Take VyOS an example. It is made specifically for handling low level network traffic as a router/switch/firewall/etc.. It doesn't have a GUI; a GUI would take extra resources that could be spent on forwarding network traffic faster, anything beyond that is an extra expense. There is _soooooo_ much stuff that you can do with it... at least in regards to networking at OSI layers 2-3.

However, pfSense does much of the same things as VyOS, but pfSense has a GUI and the shell commands are drastically different from those of VyOS. This doesn't make it better or worse; it certainly requires more from the hardware to do the same basic tasks, but it is easier to use... at least for some people.

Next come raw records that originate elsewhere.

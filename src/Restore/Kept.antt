-- ===== src/Restore/Kept.antt =====
-- Transaction states in which every live root is settled, and the removal of what is left of the
-- transaction, which keeps them.
use octa.Common.{Bool, false, Option, some, List, [], ◌∷◌, ◌≡◌, refl, sym, subst}
use octa.Restore.Exec.{Fault, Exec, ◌>>◌, step, act, io_error, repeat}
use octa.Restore.Exec.Ends.{
  Ends, Ends-map, Ends-act, Ends-continue, Ends-with_state, if-Ends, then-act, then-observe,
  at_return,
}
use octa.Restore.Exec.Loops.{Each, Each-each}
use octa.Restore.State.{
  Root, Files, discard, on_roots, remove_transaction, remove_transaction_state,
  remove_unprepared_transaction_state,
}
use octa.Restore.Transaction.{check_live, cleanup_committed}
use octa.Restore.Roots.{Target, bundle, LiveNew}
use octa.Restore.Revert.{discard-Turns, check_live-Turns}

pub repeat-Ends :
    {S : Type 0} {E C : S → Type 0} (K : S → Type 0) (n : List (Unit {0})) (s : S) (fs : List Fault)
    → ((s : S) → K s → E s)
    → ((s : S) → K s → C s)
    → K s
    → Ends (λ _. K) E C fs (repeat (do step; step) n s fs)
repeat-Ends K [] s fs e c k = at_return tt s fs k
repeat-Ends {E = E} {C = C} K (u ∷ n) s fs e c k =
    Ends-continue (λ _. K) _ _
      (then-act _ _ _ fs _ (e s k) (c s k) λ gs. Ends-act _ _ _ gs (e s k) (c s k) k)
      λ _ q hs j. repeat-Ends {E = E} {C = C} K n q hs e c j

module _ {V : Type 0} {T : Type 0} {R : Unit {0} → Files V → Type 0} {E C : Files V → Type 0} where
  pub on_roots-Ends :
      (Q J : T → Root V → Type 0) (ts : List T) (body : Exec (List (Root V)) (Unit {0}))
      (w : Files V) (fs : List Fault)
      → ((rs : List (Root V)) → Each Q ts rs → R tt (record w { roots = rs }))
      → ((rs : List (Root V)) → Each J ts rs → E (record w { roots = rs }))
      → ((rs : List (Root V)) → Each J ts rs → C (record w { roots = rs }))
      → Ends (λ _. Each Q ts) (Each J ts) (Each J ts) fs (body w.roots fs)
      → Ends R E C fs (on_roots body w fs)
  unfolding on_roots
  on_roots-Ends Q J ts body w fs r e c h =
      Ends-with_state (λ rs. record w { roots = rs }) _ (Ends-map _ (λ _. r) e c h)

-- Every live root meets `P`, and the markers meet `N`.
pub record Kept {V : Type 0} (ts : List (Target V)) (P : Target V → Option V → Type 0)
    (N : (prepared committed rolled_back : Bool) → Type 0) (w : Files V) : Type 0 where
  pub lives : Each (λ t r. P t r.live) ts w.roots
  pub markers : N w.prepared w.committed w.rolled_back

-- Removing the markers in the code's order keeps what they say.
pub record Settling (N : (prepared committed rolled_back : Bool) → Type 0) : Type 0 where
  pub drop_prepared : (p c r : Bool) → N p c r → N false c r
  pub drop_committed : (c r : Bool) → N false c r → N false false r
  pub drop_rolled_back : (r : Bool) → N false false r → N false false false

module _ {V : Type 0} {ts : List (Target V)} {P : Target V → Option V → Type 0} where
  pub remove_transaction-Ends :
      (N : (prepared committed rolled_back : Bool) → Type 0) (w : Files V) (fs : List Fault)
      → Kept ts P N w
      → Ends
          (λ _ v. Kept ts P N v × (v.transaction ≡ false))
          (Kept ts P N)
          (Kept ts P N)
          fs
          (remove_transaction w fs)
  unfolding remove_transaction
  remove_transaction-Ends N w fs k = then-observe _ _ fs _ k k λ gs.
      if-Ends w.transaction _ _ w gs
        (λ _.
          Ends-continue (λ _. Kept ts P N) _ _
            (on_roots-Ends (λ t r. P t r.live) (λ t r. P t r.live) ts _ w gs removed removed removed
              (Each-each _ _ _ discard (λ _ _ h. h) (λ _ _ h. h) (discard-Turns P) ts w.roots gs
                k.lives))
            λ _ v hs j.
              then-act _ _ _ hs _ j j
                λ is. Ends-act _ _ _ is (again v j) (again v j) (again v j, refl))
        λ e. at_return tt w gs (k, e)
    where
      removed :
          (rs : List (Root V))
          → Each (λ t r. P t r.live) ts rs
          → Kept ts P N (record w { roots = rs })
      removed rs h = record { lives = h; markers = k.markers }

      again : (v : Files V) → Kept ts P N v → Kept ts P N (record v { transaction = false })
      again v j = record { lives = j.lives; markers = j.markers }

abbrev Unprepared : ((prepared committed rolled_back : Bool) → Type 0) → Bool → Bool → Bool → Type 0
Unprepared N p c r = (p ≡ false) × N p c r

-- Nothing of the transaction is left.
pub record Cleared {V : Type 0} (ts : List (Target V)) (P : Target V → Option V → Type 0)
    (w : Files V) : Type 0 where
  pub lives : Each (λ t r. P t r.live) ts w.roots
  pub no_journal : w.journal ≡ false
  pub no_prepared : w.prepared ≡ false
  pub no_committed : w.committed ≡ false
  pub no_rolled_back : w.rolled_back ≡ false
  pub no_transaction : w.transaction ≡ false

module _ {V : Type 0} {ts : List (Target V)} {P : Target V → Option V → Type 0}
    {N : (prepared committed rolled_back : Bool) → Type 0} where
  weaken : (v : Files V) → Kept ts P (Unprepared N) v → Kept ts P N v
  weaken v h = record { lives = h.lives; markers = h.markers.1 }

  -- The terminal markers and the journal, after the transaction directory.
  forget-Ends :
      Settling N
      → (v : Files V) (fs : List Fault) → Kept ts P (Unprepared N) v × (v.transaction ≡ false)
      → Ends
          (λ _. Cleared ts P)
          (Kept ts P N)
          (Kept ts P N)
          fs
          ((do
            act io_error λ w. record w { committed = false }
            act io_error λ w. record w { rolled_back = false }
            act io_error λ w. record w { journal = false }
            step)
            v fs)
  forget-Ends settling v fs (j, e) =
      let (p, m) = j.markers in
      let m0 = subst (λ b. N b v.committed v.rolled_back) p m in
      let m1 = settling.drop_committed _ _ m0 in
      let m2 = settling.drop_rolled_back _ m1 in
      let k0 = weaken v j in
      let k1 = kept v.journal false v.rolled_back p m1 in
      let k2 = kept v.journal false false p m2 in
      let k3 = kept false false false p m2 in
      then-act _ _ _ fs _ k0 k0 λ gs. then-act _ _ _ gs _ k1 k1 λ hs.
        then-act _ _ _ hs _ k2 k2 λ is. Ends-act _ _ _ is k3 k3 (record {
          lives = j.lives;
          no_journal = refl;
          no_prepared = p;
          no_committed = refl;
          no_rolled_back = refl;
          no_transaction = e;
        })
    where
      kept :
          (jo c r : Bool)
          → v.prepared ≡ false
          → N false c r
          → Kept ts P N (record v { journal = jo; committed = c; rolled_back = r })
      kept jo c r p m = record { lives = j.lives; markers = subst (λ b. N b c r) (sym p) m }

  -- All but the first action of `remove_transaction_state`.
  pub remove_rest-Ends :
      Settling N
      → (w : Files V) (fs : List Fault) → Kept ts P N w
      → w.prepared ≡ false
      → Ends
          (λ _. Cleared ts P)
          (Kept ts P N)
          (Kept ts P N)
          fs
          ((do
            step
            remove_transaction
            act io_error λ w. record w { committed = false }
            act io_error λ w. record w { rolled_back = false }
            act io_error λ w. record w { journal = false }
            step)
            w fs)
  remove_rest-Ends settling w fs k p = then-act _ _ _ fs _ k k λ gs.
      Ends-continue (λ _ v. Kept ts P (Unprepared N) v × (v.transaction ≡ false)) _ _
        (Ends-map _ (λ _ _ h. h) weaken weaken
          (remove_transaction-Ends (Unprepared N) _ gs
            (record { lives = k.lives; markers = (p, k.markers) })))
        λ _ v hs j. forget-Ends settling v hs j

  pub remove_transaction_state-Ends :
      Settling N
      → (w : Files V) (fs : List Fault) → Kept ts P N w
      → Ends (λ _. Cleared ts P) (Kept ts P N) (Kept ts P N) fs (remove_transaction_state w fs)
  unfolding remove_transaction_state
  remove_transaction_state-Ends settling w fs k = then-act _ _ _ fs _ k k λ gs.
      remove_rest-Ends settling _ gs
        (record { lives = k.lives; markers = settling.drop_prepared _ _ _ k.markers }) refl

  pub remove_unprepared-Ends :
      (w : Files V) (fs : List Fault)
      → Kept ts P N w
      → Ends
          (λ _ v. Kept ts P N v × (v.journal ≡ false) × (v.transaction ≡ false))
          (Kept ts P N)
          (Kept ts P N)
          fs
          (remove_unprepared_transaction_state w fs)
  unfolding remove_unprepared_transaction_state
  remove_unprepared-Ends w fs k = Ends-continue _ _ _ (remove_transaction-Ends N w fs k) λ _ v gs j.
      let gone : Kept ts P N (record v { journal = false }) = record {
        lives = j.0.lives;
        markers = j.0.markers;
      } in
      then-observe _ _ gs _ j.0 j.0 λ hs.
        if-Ends v.journal _ _ v hs
          (λ _. then-act _ _ _ hs _ j.0 j.0 λ is. Ends-act _ _ _ is gone gone (gone, refl, j.1))
          λ e. at_return tt v hs (j.0, e, j.1)

module _ {V : Type 0} {ts : List (Target V)} where
  pub cleanup_committed-Ends :
      {N : (prepared committed rolled_back : Bool) → Type 0}
      → Settling N
      → (w : Files V) (fs : List Fault) → Kept ts (λ t l. l ≡ some (bundle t)) N w
      → Ends
          (λ _. Cleared ts λ t l. l ≡ some (bundle t))
          (Kept ts (λ t l. l ≡ some (bundle t)) N)
          (Kept ts (λ t l. l ≡ some (bundle t)) N)
          fs
          (cleanup_committed w fs)
  unfolding cleanup_committed
  cleanup_committed-Ends {N} settling w fs k =
      Ends-continue (λ _. Kept ts (λ t l. l ≡ some (bundle t)) N) _ _
        (on_roots-Ends LiveNew LiveNew ts _ w fs looked looked looked (
          Each-each _ _ _ check_live (λ _ _ h. h) (λ _ _ h. h) check_live-Turns ts w.roots fs
            k.lives))
        λ _ v gs j. remove_transaction_state-Ends settling v gs j
    where
      looked :
          (rs : List (Root V))
          → Each LiveNew ts rs
          → Kept ts (λ t l. l ≡ some (bundle t)) N (record w { roots = rs })
      looked rs h = record { lives = h; markers = k.markers }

VyOS is made to closely resemble the operating systems used in traditional corporate routers and switches, such as Cisco IOS. VyOS even shares many of the same commands as Cisco IOS, which is what most networking professionals learn on as they study for their CCNA exams. As such, VyOS is preferred by people who are familiar with such traditional office/ISP routers and switches; they don't have to do as much relearning if they choose it over pfSense.


----------



## Sunburst_Odell (Oct 1, 2018)

I'm not unique, my vote goes to Vista. YOU CAN'T PLAY SOLITAIRE

OK but in all seriousness, I remember my mom having a Vista back in '09-'11 and it would crash all the time. It was annoying.


----------



## PixelDaFox (Oct 4, 2018)

The worst os is chrome os by far


----------



## Foxy Emy (Oct 4, 2018)

Sunburst_Odell said:


> I'm not unique, my vote goes to Vista. YOU CAN'T PLAY SOLITAIRE
> 
> OK but in all seriousness, I remember my mom having a Vista back in '09-'11 and it would crash all the time. It was annoying.



Meh... That had more to do with the Hardware than the OS. Vista was very resource intensive for it's time. However, it still takes less resources than Widows 10 does today. Consequently, Vista runs pretty well on newer hardware. It just didn't work on old hardware that wasn't powerful enough to handle it.


----------



## Sunburst_Odell (Oct 4, 2018)

Emyrelda Seoni said:


> Meh... That had more to do with the Hardware than the OS. Vista was very resource intensive for it's time. However, it still takes less resources than Widows 10 does today. Consequently, Vista runs pretty well on newer hardware. It just didn't work on old hardware that wasn't powerful enough to handle it.


I guess that makes sense.


----------



## Juju-z (Oct 4, 2018)

Whatever version of mac os is in those macbooks, a os that locks you out of doing pretty much everything but the bare minimum is worse then a poorly optimized os


----------



## MEDDL3r (Oct 4, 2018)

I would have to say Windows Vista is the worst. I remember programs crashing, blue screens, issues re-installing the os and windows update issues. When the Windows 7 beta came out, I switched and immediately had a better experience.


----------



## Ramjet (Oct 9, 2018)

PixelDaFox said:


> The worst os is chrome os by far



I'll add Windows 10S with this...Both useless OS's...
You'd be better off with an android tablet imo..


----------



## Foxy Emy (Oct 16, 2018)

Those really old, mechanical computers like The Antikythera Mechanism. Basically the human operating the device _was the OS_.


----------



## Oaker (Oct 25, 2018)

Most people hated and still do today, window ME, even at the time I was aware of it and knew it, and followed along the whole "this os is baaad", also Y2K BUG FIX LOL AM I RITE GUYS? END OF THE WORLD. But to be honest, I lived fine with it, what I did with it in is day was play games on emulators (yarr harr do what you want 'cause a pirate is free!), use microsoft chat, and visit ye olde internet, I had to look up the stats on how to get my digimans on digimon world on gamefaqs. Also the occasional office for school stuff and such.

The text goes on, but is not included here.